Magnus Andersson + Homes by Skanska Cambridge

University Challenge

It’s the city known globally for its university. Not to mention a world leading science park, hospital and biomedical industry which attract la crème de la workforce across Europe. The latest Centre for Cities report states that it has the most highly skilled workforce in the UK. It has the third fastest growing population in the country and one of the highest average earnings.

Little wonder Homes by Skanska chose Cambridge for its first UK residential development. The company launched last November at the DesignMuseum, appropriately enough. Now the show home at its Cambridge development Seven Acres has just been unveiled. Magnus Andersson is President of Skanska Residential Development UK.

“Skanska has a long tradition of Scandinavian home building,” says Magnus. “We’ve brought the best of it to the UK. High floor to ceiling heights and flexible open plan living are just some of key elements.” All the homes meet Code for Sustainable Homes 4. “One of our homes even meets Code 5!” he states. “It’s been sold already.” Rainwater harvesting and heat recycling take it to the next level.

Stewart Baseley, Executive Chairman of the Home Builders Federation, approves. “If this is what Code 4 and Code 5 homes look like, we have little to fear.” Seven Acres is mercifully free of the usual unsightly environmental accretions such as wind turbines. The approach is much more design integrated. Photovoltaic panels are hidden behind low parapets on the flat roofs. Natural light permeates the top floor bathrooms through circular skylights, a clever Victorian idea recycled. Mini allotments are another sustainable feature.

Seven Acres is a mortar board’s throw away from Addenbrooke’s Hospital. A new guided bus corridor connects the two. The hospital is at the centre of the Cambridge Biomedical Campus where 200,000 sqm new laboratories are being developed.” The development forms part of the southern fringe expansion of the university city. An estimated 16,700 new homes are required.

“There is nationwide demand for 250,000 homes per annum,” reports Stewart. “The population is growing older and changing shape. Yet nowhere near enough residential development is taking place. Causes of the shortage of new homes include lack of bank credit and the planning system. Homes by Skanska is a rare new entrant to this challenging housing market.”

Toby Greenhow, Residential Development Director at Savills, knows more than most about the challenging housing market. He explains, “Any development should tick at least two out of three boxes. That’s: be a well known brand; have a recognised location; and sell a traditional product. Seven Acres had none of these!” Skanska may be an international name but hasn’t to date been associated with housebuilding in England. Up until a year ago, Seven Acres was, well, seven acres of farmland. And Formation Architects have ensured the architecture is anything but traditional.

Nonetheless the development is a commercial success. “A professor and his wife who works in academia were two of our first customers,” Magnus confirms. “It’s attracting an educated sophisticated Euro mix,” adds Toby,” and proving very popular with academics and scientists. They are very sustainability aware. It’s not a coincidence that cycling is the most popular mode of transport in Cambridge.”

The show home is an end of terrace overlooking a village green type space. It’s faced with pale grey brick reminiscent of the stone architecture forever associated with Cambridge. Homes by Skanska’s trademark full height timber bench stretches elegantly up the front wall. A garage with cycle spaces, natch, is incorporated into the building envelope.

The remainder of the ground floor is occupied on either side of the staircase by a downstairs loo to the front and the combined kitchen and dining area to the rear. Airiness and spaciousness pervade. Spare Scandinavian elegance. Where’s the clutter? It’s not just show home tidiness – storage spaces abound. A door sliding into the thickness of the wall allows for a flow of light and circulation from the glazed entrance door to the patio doors and to the garden beyond.

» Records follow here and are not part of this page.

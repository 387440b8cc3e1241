-- ===== src/Trace/Correct.antt =====
-- The trace returns, and its mask holds exactly the cells that drain to the pour point.
use package.watershed_delineation.Prelude.{
  ℕ, zero, suc, ◌+◌, ◌*◌, ◌≤◌, ◌≡◌, refl, sym, ap, ◌∙◌, ◌⊎◌, inl, inr, ⊎_elim, ◌↔◌, Bool, true,
  false, List, [], ◌∷◌, ◌∈◌, Outcome, returns, length, set, replicate, length-set, length-replicate,
  get_or-replicate, arith, lt→ltb, ==_iff,
}
use package.watershed_delineation.Raster.Grid.{
  GridCoord, GridDims, Inside, flat, flat-lt, at, get_elem?-flat, at-set_self, at-set_cases,
}
use package.watershed_delineation.Raster.FlowDir.{all, opposite}
use package.watershed_delineation.Raster.Tile
use package.watershed_delineation.Raster.FlowTile.{FlowDirectionTile, TileState, dims}
use package.watershed_delineation.Raster.Mask.{CatchmentMask, mask_dims, contains, from_traced}
use package.watershed_delineation.Trace.{Search, search_loop, trace_upstream}
use package.watershed_delineation.Trace.Region.{
  FlowsInto, Drains, here, next, mem-all, FlowsInto-Found,
}
use package.watershed_delineation.Trace.Scan.{unvisited, unvisited-set, Scans, scan-Scans}

at-blank : (n cols : ℕ) (w : GridCoord) → at cols (replicate n false) w ≡ false
unfolding at
at-blank n cols w = get_or-replicate n (flat cols w) false

unvisited-replicate : (n : ℕ) → unvisited (replicate n false) ≡ n
unvisited-replicate zero = refl
unvisited-replicate (suc n) = ap suc (unvisited-replicate n)

-- `contains` reads the flag of a cell of the mask.
contains-at :
    (d : GridDims) (flags : List Bool) (p : GridCoord)
    → length flags ≡ d.rows * d.cols
    → Inside d p
    → contains (record { data_vec = flags; rows = d.rows; cols = d.cols }) p
      ≡ returns (at d.cols flags p)
unfolding contains
contains-at d flags p size i = rw (get_elem?-flat d flags size p i)

module _ {G : Type 0} {S : TileState} (t : FlowDirectionTile G S) (valid : Tile.IsValid t.inner)
    (pour : GridCoord) (first : Inside (dims t) pour) where
  abbrev IsMarked : List Bool → GridCoord → Type 0
  IsMarked visited w = at t.inner.cols visited w ≡ true

  -- A marked cell is on the stack, or all that drains into it is marked.
  record Inv (visited : List Bool) (stack : List GridCoord) : Type 0 where
    size : length visited ≡ t.inner.rows * t.inner.cols
    start : IsMarked visited pour
    waiting : (w : GridCoord) → w ∈ stack → Inside (dims t) w × IsMarked visited w
    sound : (w : GridCoord) → Inside (dims t) w → IsMarked visited w → Drains t pour w
    closed :
        (w : GridCoord)
        → Inside (dims t) w
        → IsMarked visited w
        → (w ∈ stack) ⊎ ((p : GridCoord) → Inside (dims t) p → FlowsInto t p w → IsMarked visited p)

  Inv-scan :
      {visited : List Bool} {q : GridCoord} {stack : List GridCoord} {r : Outcome Search}
      → Inv visited (q ∷ stack)
      → (sc : Scans t valid q all (record { visited = visited; stack = stack }) r)
      → Inv sc.out.visited sc.out.stack
  Inv-scan {q} i sc = record {
    size = sc.follows.size;
    start = sc.follows.grows pour first i.start;
    waiting = λ w m. elim (sc.follows.stacked w m) [
      | inl old ↦ let (iw, mw) = i.waiting w (inr old) in (iw, sc.follows.grows w iw mw)
      | inr new ↦ new
    ];
    sound = λ w iw m. elim (sc.only w iw m) [
      | inl old ↦ i.sound w iw old
      | inr (dir, f) ↦
          next iw f.flows (i.sound q (i.waiting q (inl refl)).0 (i.waiting q (inl refl)).1)
    ];
    closed = λ w iw m. elim (sc.follows.queued w iw m) [
      | inr waits ↦ inl waits
      | inl old ↦ elim (i.closed w iw old) [
        | inl (inl e) ↦ inr (λ p ip f. all_marked p ip (rw e at f))
        | inl (inr waits) ↦ inl (sc.follows.keeps w waits)
        | inr done ↦ inr (λ p ip f. sc.follows.grows p ip (done p ip f))
      ]
    ];
  }
    where
      all_marked : (p : GridCoord) → Inside (dims t) p → FlowsInto t p q → IsMarked sc.out.visited p
      all_marked p ip f =
          sc.marked (opposite f.dir) p (mem-all (opposite f.dir)) (FlowsInto-Found t p q ip f)

  record Traces (r : Outcome (List Bool)) : Type 0 where
    out : List Bool
    result : r ≡ returns out
    inv : Inv out []

  search_loop-Traces :
      (fuel : ℕ) (visited : List Bool) (stack : List GridCoord)
      → Inv visited stack
      → unvisited visited + length stack ≤ fuel
      → Traces (search_loop t fuel visited stack)
  unfolding search_loop
  search_loop-Traces fuel visited [] i h = record { out = visited; result = refl; inv = i }
  search_loop-Traces zero visited (q ∷ stack) i h = absurd (omega arith)
  search_loop-Traces (suc fuel) visited (q ∷ stack) i h =
      let sc = scan-Scans t valid q all (record { visited = visited; stack = stack }) i.size in
      let rest =
        search_loop-Traces fuel sc.out.visited sc.out.stack (Inv-scan i sc)
          (omega (arith, sc.follows.work)) in
      record { out = rest.out; result = rw sc.result rest.result; inv = rest.inv }

  -- The state in which the loop starts.
  pub start_flags : List Bool
  start_flags = set (replicate (t.inner.rows * t.inner.cols) false) (flat t.inner.cols pour) true

  Inv-start : Inv start_flags (pour ∷ [])
  unfolding start_flags
  Inv-start = record {
    size = length-set blank (flat t.inner.cols pour) true ∙ length-blank;
    start = at-set_self (dims t) blank length-blank pour first true;
    waiting = λ w.
        ⊎_elim (λ e. rw e (first, at-set_self (dims t) blank length-blank pour first true))
          (λ z. absurd z);
    sound = λ w iw m. rw (only w iw m) here;
    closed = λ w iw m. inl (inl (only w iw m));
  }
    where
      blank : List Bool
      blank = replicate (t.inner.rows * t.inner.cols) false

      length-blank : length blank ≡ t.inner.rows * t.inner.cols
      length-blank = length-replicate (t.inner.rows * t.inner.cols) false

      only :
          (w : GridCoord)
          → Inside (dims t) w
          → IsMarked (set blank (flat t.inner.cols pour) true) w
          → w ≡ pour
      only w iw m = elim (at-set_cases (dims t) blank length-blank pour first true w iw) [
        | inl e ↦ e
        | inr same ↦ cc (sym same ∙ m, at-blank (t.inner.rows * t.inner.cols) t.inner.cols w)
      ]

  unvisited-start : unvisited start_flags + 1 ≡ t.inner.rows * t.inner.cols
  unfolding start_flags
  unvisited-start =
      let cells = t.inner.rows * t.inner.cols in
      let i = flat t.inner.cols pour in
      omega (
        arith,
        unvisited-replicate cells,
        unvisited-set (replicate cells false) i
            (rw (length-replicate cells false) (flat-lt (dims t) pour first))
            (get_or-replicate cells i false),
      )

  complete :
      {visited : List Bool}
      → Inv visited []
      → {w : GridCoord} → Drains t pour w
      → Inside (dims t) w × IsMarked visited w
  complete i here = (first, i.start)
  complete i (next {p} {q} ip f d) =
      let (iq, mq) = complete i d in
      (ip, ⊎_elim (λ z. absurd z) (λ done. done p ip f) (i.closed q iq mq))

-- From a pour point on a valid tile the trace returns, without a panic and within its rounds; its
-- mask has the tile's extent, and it holds a cell of the tile exactly when the directions that the
-- tile's `get` reads lead from this cell to the pour point, in any number of steps.
pub trace_upstream-Drains :
    {G : Type 0} {S : TileState} (t : FlowDirectionTile G S) (pour : GridCoord)
    → Tile.IsValid t.inner
    → Inside (dims t) pour
    → (m : CatchmentMask) × (trace_upstream t pour ≡ returns m)
      × (mask_dims m ≡ dims t)
      × ((p : GridCoord) → Inside (dims t) p → (contains m p ≡ returns true) ↔ Drains t pour p)
unfolding trace_upstream from_traced start_flags
trace_upstream-Drains t pour valid first =
    let enough = unvisited-start t valid pour first in
    let tr =
      search_loop-Traces t valid pour first (t.inner.rows * t.inner.cols)
        (start_flags t valid pour first) (pour ∷ []) (Inv-start t valid pour first) (omega arith) in
    (
      record { data_vec = tr.out; rows = t.inner.rows; cols = t.inner.cols },
      rw (lt→ltb _ _ (flat-lt (dims t) pour first), tr.result, (==_iff _ _).1 tr.inv.size),
      refl,
      λ p ip. (
        λ c. tr.inv.sound p ip (ground (arith, c, contains-at (dims t) tr.out p tr.inv.size ip)),
        λ d.
            contains-at (dims t) tr.out p tr.inv.size ip
            ∙ ap returns (complete t valid pour first tr.inv d).1,
      ),
    )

A dual aspect sitting room is located above the garage. A sweep of terrace embraces the full width of the house. Two spacious bedrooms including one en suite are also located on the first floor. The attention to detail is unmissable, from clever lighting insets to an intelligently placed window strip positioned to allow direct views from the bed on lazy Sunday mornings. Full height windows, 2.9m tall, meet eco credentials as they are triple glazed. Two more bedrooms are on the top floor. The landing opens onto another expanse of terrace over the sitting room.

Homes by Skanska are willing to invest in research and development,” believes Stewart. “They are pioneers, not followers. No doubt by 2016 when the Government’s mandatory low carbon agenda kicks in they will be even further ahead of the game.” Academic par excellence Stephen Hawking believes intelligence is the ability to adapt to change. In that case, the future looks bright for Homes by Skanska.